Si après avoir épuisé les charmes de l’humour noir, on en revient aux choses sérieuses, il faut d’abord constater que la démocratie, qui se définit comme un système où la souveraineté appartient au peuple et est exercé par celui-ci, n’a rien à voir avec la question de l’avortement: si l’on s’en tient à ces critères, la démocratie peut exister bien que le peuple refuse de légaliser l’avortement, tandis qu’il peut être reconnu dans un système manifestement non démocratique.

Preuve ultime : Le Vatican, État parfaitement non démocratique, est aussi, comme par hasard, l’un des seuls qui, en Europe, interdise strictement l’avortement.

Le président Biden le sait parfaitement. Lorsqu’il salue la victoire des partisans de l’avortement, et qu’il affirme que la démocratie a gagné, c’est parce qu’il sait que les électeurs de l’Ohio ayant voté favorablement sont par ailleurs ses partisans : en affirmant que « la démocratie a gagné », il veut dire que « les Démocrates ont gagné », et que cette victoire dans l’Ohio, terre trumpiste en 2020, annonce peut-être sa future victoire aux présidentielles. Elle veut dire: Biden a gagné. Et surtout, il gagnera, ou il peut gagner, malgré les sondages désastreux. Telle est en tout cas l’analyse de la presse américaine.

Or, cette excursion outre-Atlantique permet de comprendre un peu mieux ce qui se passe chez nous: et en particulier l’idée dévoilée par le président Macron d’un projet de loi constitutionnelle visant à inscrire le droit à l’avortement dans la constitution. « En 2024, déclare-t-il le 30 octobre, la liberté des femmes de recourir à l’IVG sera irréversible ». Le candide pourrait se demander à quoi cela sert, puisqu’une proposition de loi constitutionnelle, émanant de l’éminente Mathilde Panot et visant elle aussi à introduire ce droit dans la constitution, a déjà été déposée à l’Assemblée nationale en octobre 2022, a été adoptée par celle-ci fin novembre, puis par le Sénat en février 2023 – ce qui signifie que l’aboutissement de la première phase de la révision n’est plus qu’une question de mois.

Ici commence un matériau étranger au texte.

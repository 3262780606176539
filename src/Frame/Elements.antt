-- ===== src/Frame/Elements.antt =====
-- WdiIeFind over what WdiIeAppend writes, and over any buffer.
use Prim.Native.Nat.add
use mathlib.Core.Option
use mathlib.Core.List.{append_assoc, append-nil}
use native.Mathlib.Nat.{add-zero}
use wificx_skeleton.Prelude.{
  ℕ, zero, suc, ◌+◌, ◌-◌, ◌≤◌, ◌<◌, ◌≡◌, ◌≢◌, refl, sym, ◌∙◌, ap, List, [], ◌∷◌, ◌++◌, Option, none,
  some, arith, leb, ◌==◌, if◌then◌else◌, length, length-append, get_or, take, drop,
}
use wificx_skeleton.Frame.{ie_append, ie_find, ie_find_from}

-- An element: its id and its payload.
pub record Element : Type 0 where
  pub id : ℕ
  pub payload : List ℕ

-- The elements of a frame as bytes, one after the other.
abbrev pub encode : List Element → List ℕ
encode [] = []
encode (e ∷ es) = e.id ∷ length e.payload ∷ (e.payload ++ encode es)

-- The payload of the first element with the id.
abbrev pub find_element : List Element → ℕ → Option (List ℕ)
find_element [] id = none
find_element (e ∷ es) id = if e.id == id then some e.payload else find_element es id

-- The payload bytes that an offset and a length name.
abbrev pub payload_at : List ℕ → ℕ × ℕ → List ℕ
payload_at buf (off, len) = take len (drop off buf)

get_or-append : (xs ys : List ℕ) (i d : ℕ) → get_or (xs ++ ys) (length xs + i) d ≡ get_or ys i d
get_or-append [] ys i d = rw (add.zero i)
get_or-append (x ∷ xs) ys i d = rw (add.suc (length xs) i) (get_or-append xs ys i d)

pub drop-append : (xs ys : List ℕ) (n : ℕ) → drop (length xs + n) (xs ++ ys) ≡ drop n ys
drop-append [] ys n = rw (add.zero n)
drop-append (x ∷ xs) ys n = rw (add.suc (length xs) n) (drop-append xs ys n)

pub take-append : (xs ys : List ℕ) → take (length xs) (xs ++ ys) ≡ xs
take-append [] ys = refl
take-append (x ∷ xs) ys = ap (λ l. x ∷ l) (take-append xs ys)

-- What stands at the start of an element's bytes, in a buffer that has them behind `pre`.
record Starts (buf pre : List ℕ) (x : Element) (rest : List ℕ) : Type 0 where
  at_id : get_or buf (length pre) 0 ≡ x.id
  at_len : get_or buf (length pre + 1) 0 ≡ length x.payload
  payload_lem : payload_at buf (length pre + 2, length x.payload) ≡ x.payload
  size : length buf ≡ length pre + 2 + length x.payload + length rest

-- The bytes of an element.
abbrev pub bytes_of : Element → List ℕ
bytes_of x = x.id ∷ length x.payload ∷ x.payload

starts :
    (pre : List ℕ) (x : Element) (rest : List ℕ) → Starts (pre ++ (bytes_of x ++ rest)) pre x rest
starts pre x rest = record {
  at_id = rw (← add-zero (length pre)) (get_or-append pre (bytes_of x ++ rest) 0 0);
  at_len = get_or-append pre (bytes_of x ++ rest) 1 0;
  payload_lem = rw (drop-append pre (bytes_of x ++ rest) 2) (take-append x.payload rest);
  size = omega (arith, length-append pre (bytes_of x ++ rest), length-append x.payload rest);
}

-- The walk from the start of an element list finds what `find_element` finds.
ie_find_from-encode :
    (els : List Element) (fuel : ℕ) (buf pre : List ℕ) (id off : ℕ)
    → length (encode els) < fuel
    → buf ≡ pre ++ encode els
    → off ≡ length pre
    → Option.map (payload_at buf) (ie_find_from fuel buf (length buf) id off) ≡ find_element els id
unfolding ie_find_from
ie_find_from-encode els zero buf pre id off h e o = absurd (omega arith)
ie_find_from-encode [] (suc fuel) buf pre id off h e o =
    ground (arith, ap length e, length-append pre [])
ie_find_from-encode (x ∷ els) (suc fuel) buf pre id off h e o =
    let first : Starts buf pre x (encode els) = rw e (starts pre x (encode els)) in
    ground (
      arith,
      ie_find_from-encode els fuel buf (pre ++ bytes_of x) id (off + (2 + length x.payload))
          (omega (arith, length-append x.payload (encode els)))
          (e ∙ sym (append_assoc pre (bytes_of x) (encode els)))
          (omega (arith, o, length-append pre (bytes_of x))),
      first.at_id,
      first.at_len,
      first.payload_lem,
      first.size,
    )

-- Of a buffer that holds the bytes of any elements, `WdiIeFind` returns where the payload of the
-- first one with the id stands, and the null pointer where no element has the id.
pub ie_find-encode :
    (els : List Element) (id : ℕ)
    → Option.map (payload_at (encode els)) (ie_find (encode els) (length (encode els)) id)
      ≡ find_element els id
unfolding ie_find
ie_find-encode els id =
    ie_find_from-encode els (suc (length (encode els))) (encode els) [] id 0 (omega arith) refl refl

-- `WdiIeAppend` writes the bytes of the element where they fit, and nothing where they do not.
pub ie_append-encode :
    (dst : List ℕ) (remaining : ℕ) (e : Element)
    → ie_append dst remaining e.id (some e.payload) (length e.payload)
      ≡ (if leb (length (encode (e ∷ []))) remaining then encode (e ∷ []) else [])
unfolding ie_append
ie_append-encode dst remaining e =
    ground (arith, length-append e.payload [], append-nil e.payload, take-append e.payload [])

-- Whatever the buffer holds, an element that `WdiIeFind` returns has the id, its length byte stands
-- before its payload, and the payload ends within the buffer.
ie_find_from_sound :
    (fuel : ℕ) (buf : List ℕ) (n id off at len : ℕ)
    → ie_find_from fuel buf n id off ≡ some (at, len)
    → (off + 2 ≤ at) × (at + len ≤ n) × (get_or buf (at - 2) 0 ≡ id) × (get_or buf (at - 1) 0 ≡ len)
unfolding ie_find_from
ie_find_from_sound zero buf n id off at len e = cc
ie_find_from_sound (suc fuel) buf n id off at len e =
    ground (arith, ie_find_from_sound fuel buf n id (off + (2 + get_or buf (off + 1) 0)) at len)

-- Whatever bytes the buffer holds, an element that `WdiIeFind` returns has the id and lies within
-- the buffer: its id byte and its length byte stand right before the payload.
pub ie_find_sound :
    (buf : List ℕ) (n id at len : ℕ)
    → ie_find buf n id ≡ some (at, len)
    → (2 ≤ at) × (at + len ≤ n) × (get_or buf (at - 2) 0 ≡ id) × (get_or buf (at - 1) 0 ≡ len)
unfolding ie_find
ie_find_sound buf n id at len e = ie_find_from_sound (suc n) buf n id 0 at len e

ie_find_from_stable :
    (f g : ℕ) (buf : List ℕ) (n id off : ℕ)
    → n < f + off
    → n < g + off
    → ie_find_from f buf n id off ≡ ie_find_from g buf n id off
unfolding ie_find_from
ie_find_from_stable zero zero buf n id off h k = refl
ie_find_from_stable zero (suc g) buf n id off h k = ground arith
ie_find_from_stable (suc f) zero buf n id off h k = ground arith
ie_find_from_stable (suc f) (suc g) buf n id off h k =
    ground (arith, ie_find_from_stable f g buf n id (off + (2 + get_or buf (off + 1) 0)))

-- The fuel of `ie_find` is enough: with any more the walk gives the same result.
pub ie_find_fuel :
    (fuel : ℕ) (buf : List ℕ) (n id : ℕ)
    → n < fuel
    → ie_find_from fuel buf n id 0 ≡ ie_find buf n id
unfolding ie_find
ie_find_fuel fuel buf n id h =
    ie_find_from_stable fuel (suc n) buf n id 0 (omega arith) (omega arith)

-- The offsets of the elements that follow one another from an offset on, each within the buffer.
pub data Walk (buf : List ℕ) (n : ℕ) : ℕ → ℕ → Type 0 where
  here : (off : ℕ) → Walk buf n off off
  next :
      (off : ℕ) {last : ℕ}
      → off + 2 + get_or buf (off + 1) 0 ≤ n
      → Walk buf n (off + (2 + get_or buf (off + 1) 0)) last
      → Walk buf n off last

ie_find_from_complete :
    (fuel : ℕ) {buf : List ℕ} {n : ℕ} (id : ℕ) {off last : ℕ}
    → n < fuel + off
    → ie_find_from fuel buf n id off ≡ none
    → Walk buf n off last
    → last + 2 + get_or buf (last + 1) 0 ≤ n
    → get_or buf last 0 ≢ id
unfolding ie_find_from
ie_find_from_complete zero id h e (here off) fit = absurd (omega arith)
ie_find_from_complete zero id h e (next off p w) fit = absurd (omega arith)
ie_find_from_complete (suc fuel) id h e (here off) fit = ground arith
ie_find_from_complete (suc fuel) id h e (next off p w) fit =
    ie_find_from_complete fuel id (omega arith) (ground arith) w fit

-- Where `WdiIeFind` returns the null pointer, no element that the walk of the buffer meets and that
-- lies within the buffer has the id.
pub ie_find_complete :
    (buf : List ℕ) (n id : ℕ) {last : ℕ}
    → ie_find buf n id ≡ none
    → Walk buf n 0 last
    → last + 2 + get_or buf (last + 1) 0 ≤ n
    → get_or buf last 0 ≢ id
unfolding ie_find
ie_find_complete buf n id e w fit = ie_find_from_complete (suc n) id (omega arith) e w fit

-- An element that fits is written whole.
pub ie_append_fits :
    (dst : List ℕ) (remaining id : ℕ) (payload : List ℕ) (len : ℕ)
    → 2 + len ≤ remaining
    → ie_append dst remaining id (some payload) len ≡ id ∷ len ∷ take len payload
unfolding ie_append
ie_append_fits dst remaining id payload len h = ground arith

Dans ces conditions, pour- quoi tout reprendre à zéro, en passant par un projet de loi à l’initiative du président ? Eh bien, tout simplement parce que cette nouvelle procédure met en vedette le chef de l’État, et non madame Panot. C’est lui, et personne d’autre, qui aura « gravé dans le marbre » de la constitution le droit à l’avortement et qui en tirera l’impérissable gloire, comme Simone Veil, en 1975, avait eu celle de l’introduire dans la législation. C’est lui seul, notre Jupiter, qui l’aura rendu « irréversible ». Du moins jusqu’à la prochaine révision.

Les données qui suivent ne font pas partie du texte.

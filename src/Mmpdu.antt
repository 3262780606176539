-- ===== src/Mmpdu.antt =====
-- wdi_mmpdu.cpp: from an on-air management frame to its body, and the debug check of a body.
-- A buffer is its bytes, `none` for the null pointer; its length is passed beside it, as in the source.
pub mod Shape
use wificx_skeleton.Prelude.{
  ℕ, ◌-◌, Bool, true, false, ◌||◌, List, Option, none, some, ltb, ◌==◌, if◌then◌else◌, get_or, take,
  drop,
}
use wificx_skeleton.Platform.{Status, success, buffer_too_small}

-- The status, with the body (`*OutBody`) and its length.
pub strip_header : Option (List ℕ) → ℕ → Status × Option (List ℕ) × ℕ
strip_header none len = (buffer_too_small, none, 0)
strip_header (some frame) len =
    if ltb len 24 then (buffer_too_small, none, 0) else (success, some (drop 24 frame), len - 24)

-- The first bytes that the `switch` takes for the frame control of an unstripped frame.
abbrev pub is_mgmt_fc0 : ℕ → Bool
is_mgmt_fc0 fc0 =
    fc0 == 0x00
    || fc0 == 0x10
    || fc0 == 0x20
    || fc0 == 0x30
    || fc0 == 0x40
    || fc0 == 0x50
    || fc0 == 0x80
    || fc0 == 0xa0
    || fc0 == 0xb0
    || fc0 == 0xc0

pub assert_is_body : Option (List ℕ) → ℕ → Bool
assert_is_body none len = true
assert_is_body (some buf) len =
    if len == 0
    then true
    else if ltb len 24
    then true
    else if is_mgmt_fc0 (get_or buf 0 0)
    then false
    else true
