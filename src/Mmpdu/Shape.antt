-- ===== src/Mmpdu/Shape.antt =====
-- The strip and the check of wdi_mmpdu.cpp against the shape of management frames.
use wificx_skeleton.Prelude.{
  ℕ, ◌*◌, ◌/◌, ◌%◌, ◌≤◌, ◌<◌, ◌≡◌, ◌⊎◌, ◌↔◌, refl, true, false, List, [], ◌∷◌, ◌++◌, some, none,
  arith, length, length-append, get_or, drop,
}
use wificx_skeleton.Platform.{success, buffer_too_small}
use wificx_skeleton.Mmpdu.{strip_header, is_mgmt_fc0, assert_is_body}

drop-append_self {ℓ} : {A : Type ℓ} (xs ys : List A) → drop (length xs) (xs ++ ys) ≡ ys
drop-append_self [] ys = refl
drop-append_self (x ∷ xs) ys = drop-append_self xs ys

-- A frame is a header of 24 bytes and a body: the strip succeeds, and what it returns is the body and
-- its length. A frame shorter than 24 bytes is refused, with no body.
pub strip_header_lem :
    (header body short : List ℕ)
    → length header ≡ 24
    → length short < 24
    → (strip_header (some (header ++ body)) (length (header ++ body))
        ≡ (success, some body, length body))
      × (strip_header (some short) (length short) ≡ (buffer_too_small, none, 0))
unfolding strip_header
strip_header_lem header body short h k =
    let e : drop 24 (header ++ body) ≡ body = rw h at (drop-append_self header body) in
    (ground (arith, length-append header body, e), ground arith)

-- The types of management frame that the check knows, by their number in the frame control field:
-- association and reassociation request and response (0 to 3), probe request and response (4, 5),
-- beacon (8), disassociation (10), authentication (11), deauthentication (12).
abbrev pub IsKnownSubtype : ℕ → Type 0
IsKnownSubtype t = (t ≤ 5) ⊎ (t ≡ 8) ⊎ ((10 ≤ t) × (t ≤ 12))

mgmt_subtype : (b : ℕ) → is_mgmt_fc0 b ≡ true → (b % 16 ≡ 0) × IsKnownSubtype (b / 16)
mgmt_subtype b h = ground arith

mgmt_fc0 : (t : ℕ) → IsKnownSubtype t → is_mgmt_fc0 (16 * t) ≡ true
mgmt_fc0 t k = ground arith

-- A buffer is refused exactly if it has 24 bytes or more and its first byte is the frame control byte
-- (subtype times 16) of a management frame of a known subtype.
assert_is_body_lem :
    (buf : List ℕ) (len : ℕ)
    → (assert_is_body (some buf) len ≡ false)
      ↔ ((t : ℕ) × (24 ≤ len) × IsKnownSubtype t × (get_or buf 0 0 ≡ 16 * t))
unfolding assert_is_body
assert_is_body_lem buf len = (
  (λ h.
      let m = mgmt_subtype (get_or buf 0 0) (ground arith) in
      (get_or buf 0 0 / 16, ground arith, m.1, omega arith)),
  (λ h. let m = mgmt_fc0 h.0 h.2 in ground arith),
)

pub assert_is_body_of_odd :
    (buf : List ℕ) (len : ℕ) → get_or buf 0 0 % 2 ≡ 1 → assert_is_body (some buf) len ≡ true
unfolding assert_is_body
assert_is_body_of_odd buf len h = ground arith

-- A body that starts with a capability field whose ESS bit is set (an association request or response
-- of a network with an access point) passes the check, whatever its length.
pub assert_is_body_of_ess :
    (capability : ℕ) (rest : List ℕ) (len : ℕ)
    → capability % 2 ≡ 1
    → assert_is_body (some (capability % 256 ∷ rest)) len ≡ true
unfolding assert_is_body
assert_is_body_of_ess capability rest len h = ground arith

Mais le passage de la proposition au projet présente un autre avantage : il permet, pour la phase de ratification, de recourir au Congrès, qui devra alors adopter la révision à la majorité des 3/5e des suffrages exprimés. Au Congrès, et non pas au peuple par référendum, ce qui serait le cas s’il s’agissait d’une proposition de loi constitutionnelle émanant des parlementaires. Ce qui est beaucoup plus démocratique, mais un peu moins facile.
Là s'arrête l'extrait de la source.